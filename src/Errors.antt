-- ===== src/Errors.antt =====
-- src/durastream/errors.py: the exceptions, and the result of a call that may raise one. The
-- exceptions of the standard library that the program raises or passes on stand beside them.
use durastream.Common.{◌⊎◌, inl, inr, Text, ◌≡◌, refl, Bool, true, false}

pub data Error : Type 0 where
  durastream_error : Error
  stream_closed : Text → Error
  stream_locked : Text → Error
  corrupt_stream : Text → Error
  value_error : Error
  key_error : Text → Error
  struct_error : Error
  os_error : Error
  runtime_error : Error
  index_error : Error

pub data Result {ℓ} (A : Type ℓ) : Type ℓ where
  err : Error → Result A
  ok : A → Result A

-- An exception ends a chain of calls.
infixl 10 ◌>>=◌
abbrev pub ◌>>=◌ {ℓ κ} : {V : Type ℓ} {W : Type κ} → Result V → (V → Result W) → Result W
err raised >>= next_call = err raised
ok v >>= next_call = next_call v

pub Result-cases {ℓ} :
    {A : Type ℓ} (r : Result A) → ((a : A) × (r ≡ ok a)) ⊎ ((e : Error) × (r ≡ err e))
Result-cases (ok a) = inl (a, refl)
Result-cases (err e) = inr (e, refl)

-- What `except DurastreamError` catches: the class and its three subclasses.
unfoldable pub is_durastream_error : Error → Bool
is_durastream_error durastream_error = true
is_durastream_error (stream_closed n) = true
is_durastream_error (stream_locked n) = true
is_durastream_error (corrupt_stream n) = true
is_durastream_error _ = false
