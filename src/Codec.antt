-- ===== src/Codec.antt =====
-- src/durastream/codec.py, the frames: `pack_frame` writes one, `iter_frames` reads them back. The
-- offset tokens of the same file are in Codec/Token.
pub mod Header
pub mod Decode
pub mod Frames
pub mod Sound
pub mod Crc32
pub mod Tests
use durastream.Common.{
  ℕ, zero, suc, ◌+◌, ◌-◌, ◌*◌, ◌/◌, ◌%◌, ◌^◌, ◌≤◌, ◌<◌, ◌≡◌, Bool, true, false, not, ◌||◌, List, [],
  ◌∷◌, ◌++◌, Bytes, length, take, drop, ltb, leb, ◌==◌, if◌then◌else◌,
}
use durastream.Errors.{Result, ok, err, value_error, struct_error, ◌>>=◌}

-- The checksum of the zlib module, which returns an unsigned 32-bit integer.
pub record Zlib : Type 0 where
  pub crc32 : Bytes → ℕ
  pub crc32-lt : (b : Bytes) → crc32 b < 2 ^ 32

abbrev pub header_size : ℕ
header_size = 8

abbrev pub max_payload : ℕ
max_payload = 0xFFFF_FFFF

-- `I` of the format ">II": four bytes, the most significant first.
unfoldable pub pack_u32 : ℕ → Bytes
pack_u32 n = n / 2 ^ 24 % 256 ∷ n / 2 ^ 16 % 256 ∷ n / 2 ^ 8 % 256 ∷ n % 256 ∷ []

-- `HEADER.pack`, which refuses a number that has no four bytes
unfoldable pub header_pack : ℕ → ℕ → Result Bytes
header_pack len crc =
    if ltb len (2 ^ 32)
    then if ltb crc (2 ^ 32) then ok (pack_u32 len ++ pack_u32 crc) else err struct_error
    else err struct_error

-- `HEADER.unpack`: the length and the checksum; the callers pass eight bytes at least
unfoldable pub header_unpack : Bytes → ℕ × ℕ
header_unpack (a ∷ b ∷ c ∷ d ∷ e ∷ f ∷ g ∷ h ∷ _) =
    (a * 2 ^ 24 + b * 2 ^ 16 + c * 2 ^ 8 + d, e * 2 ^ 24 + f * 2 ^ 16 + g * 2 ^ 8 + h)
header_unpack _ = (0, 0)

abbrev pub slice : Bytes → ℕ → ℕ → Bytes
slice bytes i j = take (j - i) (drop i bytes)

module _ ⦃z : Zlib⦄ where
  unfoldable pub pack_frame : Bytes → Result Bytes
  unfolding header_pack
  pack_frame payload =
      if ltb max_payload (length payload)
      then err value_error
      else do header ← header_pack (length payload) (z.crc32 payload); ok (header ++ payload)

  -- The rounds of the loop in `iter_frames`, with fuel.
  unfoldable pub frames_from : ℕ → Bytes → ℕ → List (Bytes × ℕ)
  frames_from zero bytes pos = []
  frames_from (suc fuel) bytes pos =
      let header = header_unpack (drop pos bytes) in
      let end = pos + header_size + header.0 in
      let payload = slice bytes (pos + header_size) end in
      let rest = frames_from fuel bytes end in
      if leb (pos + header_size) (length bytes)
      then if ltb (length bytes) end
        then []
        else if not (z.crc32 payload == header.1)
        then []
        else (payload, end) ∷ rest
      else []

  -- Each round moves on by eight bytes at least, so as many rounds as there are bytes are enough.
  unfoldable pub iter_frames : Bytes → List (Bytes × ℕ)
  unfolding frames_from
  iter_frames bytes = frames_from (length bytes) bytes 0

  -- One frame for each payload of a batch (in `_append_locked` of stream.py).
  unfoldable pub pack_frames : List Bytes → Result (List Bytes)
  pack_frames [] = ok []
  pack_frames (p ∷ ps) = do frame ← pack_frame p; frames ← pack_frames ps; ok (frame ∷ frames)

-- `b"".join`
unfoldable pub join : List Bytes → Bytes
join [] = []
join (b ∷ bs) = b ++ join bs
────────────────────────────────────────
Return, unchanged, the run of lines above that opens with the line containing "abbrev pub max_payload : ℕ" and closes with the line containing "frames_from (suc fuel)". Include both.

abbrev pub max_payload : ℕ
max_payload = 0xFFFF_FFFF

-- `I` of the format ">II": four bytes, the most significant first.
unfoldable pub pack_u32 : ℕ → Bytes
pack_u32 n = n / 2 ^ 24 % 256 ∷ n / 2 ^ 16 % 256 ∷ n / 2 ^ 8 % 256 ∷ n % 256 ∷ []

-- `HEADER.pack`, which refuses a number that has no four bytes
unfoldable pub header_pack : ℕ → ℕ → Result Bytes
header_pack len crc =
    if ltb len (2 ^ 32)
    then if ltb crc (2 ^ 32) then ok (pack_u32 len ++ pack_u32 crc) else err struct_error
    else err struct_error

-- `HEADER.unpack`: the length and the checksum; the callers pass eight bytes at least
unfoldable pub header_unpack : Bytes → ℕ × ℕ
header_unpack (a ∷ b ∷ c ∷ d ∷ e ∷ f ∷ g ∷ h ∷ _) =
    (a * 2 ^ 24 + b * 2 ^ 16 + c * 2 ^ 8 + d, e * 2 ^ 24 + f * 2 ^ 16 + g * 2 ^ 8 + h)
header_unpack _ = (0, 0)

abbrev pub slice : Bytes → ℕ → ℕ → Bytes
slice bytes i j = take (j - i) (drop i bytes)

module _ ⦃z : Zlib⦄ where
  unfoldable pub pack_frame : Bytes → Result Bytes
  unfolding header_pack
  pack_frame payload =
      if ltb max_payload (length payload)
      then err value_error
      else do header ← header_pack (length payload) (z.crc32 payload); ok (header ++ payload)

  -- The rounds of the loop in `iter_frames`, with fuel.
  unfoldable pub frames_from : ℕ → Bytes → ℕ → List (Bytes × ℕ)
  frames_from zero bytes pos = []
  frames_from (suc fuel) bytes pos =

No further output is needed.